It stopped by the entrance and the door unlatched; Corduroy reached up and pulled the door open and then hopped inside.

They’d long since passed the point of needing greetings or filler conversations; they were co-workers headed to a usual day at work. Sometimes they’d talk about sports or movies or what book they’d been reading—Juan enjoyed detective novels and she liked Sci-Fi.

Juan said that reading had helped him with English, and she agreed. It didn’t help with figuring out how to speak the words, but it was good for spelling and grammar.

He motioned to the radio—another unwritten rule was that if he was late, she had the undisputed right to change the station.

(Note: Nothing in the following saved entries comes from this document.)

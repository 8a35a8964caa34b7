-- ===== src/Prelude/Sets.antt =====
-- Python sets, as lists in which each element occurs once.
use mathlib.Core.Path.{◌≡◌, refl, ◌∙◌}
use mathlib.Core.Logic.{ite, if_pos, if_neg}
use mathlib.Core.Bool.{Bool, true, false}
use mathlib.Core.List.{List, [], ◌∷◌}
use native.Mathlib.Omega.{arith}
use native.Mathlib.Decide.{ℕ_discrete}
use Prim.Native.Nat.{ℕ, suc}

module _ {A : Type 0} (dec : Discrete A) where
  -- `x in s`
  unfoldable pub member : A → List A → Bool
  member x [] = false
  member x (y ∷ s) = let rest = member x s in ite (dec y x) true rest

  -- `s.add(x)`
  unfoldable pub insert : A → List A → List A
  insert x [] = x ∷ []
  insert x (y ∷ s) = let rest = insert x s in ite (dec y x) (y ∷ s) (y ∷ rest)

  -- `s.discard(x)`
  unfoldable pub discard : A → List A → List A
  discard x [] = []
  discard x (y ∷ s) = let rest = discard x s in ite (dec y x) rest (y ∷ rest)

  pub member-cons_self : (x : A) (s : List A) → member x (x ∷ s) ≡ true
  unfolding member
  member-cons_self x s = if_pos (dec x x) refl true (member x s)

  pub member-cons_kept : (x y : A) (s : List A) → member x s ≡ true → member x (y ∷ s) ≡ true
  unfolding member
  member-cons_kept x y s h = ground (arith, h)

  pub member-insert :
      (x z : A) (s : List A) → member z (insert x s) ≡ ite (dec x z) true (member z s)
  unfolding member insert
  member-insert x z [] = ground arith
  member-insert x z (y ∷ s) = ground (arith, member-insert x z s)

  pub member-insert_self : (x : A) (s : List A) → member x (insert x s) ≡ true
  member-insert_self x s = member-insert x x s ∙ if_pos (dec x x) refl true (member x s)

  pub member-insert_kept : (x z : A) (s : List A) → member z s ≡ true → member z (insert x s) ≡ true
  member-insert_kept x z s h = member-insert x z s ∙ elim (dec x z) [
    | yes e ↦ if_pos (dec x z) e true (member z s)
    | no ne ↦ if_neg (dec x z) ne true (member z s) ∙ h
  ]

  pub member-discard :
      (x z : A) (s : List A) → member z (discard x s) ≡ ite (dec x z) false (member z s)
  unfolding member discard
  member-discard x z [] = ground arith
  member-discard x z (y ∷ s) = ground (arith, member-discard x z s)

-- How often a number occurs.
unfoldable pub count : ℕ → List ℕ → ℕ
count x [] = 0
count x (y ∷ s) = let rest = count x s in ite (ℕ_discrete y x) (suc rest) rest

Sometimes she took it, but there was just so much human music she hadn’t heard yet and she never knew what would pique her interest. A couple weeks ago he had a CD of Mariachi music, and that had been amazing. Nopony had ever thought of making music like that.

They stopped for breakfast at Burger King. Corduroy bought an impossible croissant and cinnamon sticks, while Juan chose an eggnormous burrito.

She didn’t like imposing on the restaurant workers, especially if there was a line, but she couldn’t help but wonder if they could make the eggnormous burrito impossible. It was big enough to be breakfast and lunch.

•••

Their breakfasts were a memory and empty wrappers by the time the truck nosed onto the Isle of Wight Bay Bridge. The commercial on the radio finished and a familiar musical hook began—Corduroy began tapping her hoof to the beat and Juan nodded.

Humans didn’t often spontaneously sing, which was a shame—there was so much music on the radio, and Juan had a great voice. Today was a good day for it; the sun was rising over the ocean, painting the world in reds and oranges, glittering off the bay. Early risers were already out on their boats, some of the hoping that the early fish would catch the worm. As the truck started the downslope to the Isle of Wight, both Juan and Corduroy were singing along with Somewhere Out There at full volume.

Today was going to be a good day.

•••

One week until tourist season. And it was pre-tourist season: Ocean City was kicking it off with a huge car show, a weekend-long parade of classic cars and hot rods. Some of the nuance of it all was lost on Corduroy, who still struggled to understand non-classic cars. There was a huge variety and some people got offended if she got their name wrong. Some of the cars passing might have been classic or they might not have.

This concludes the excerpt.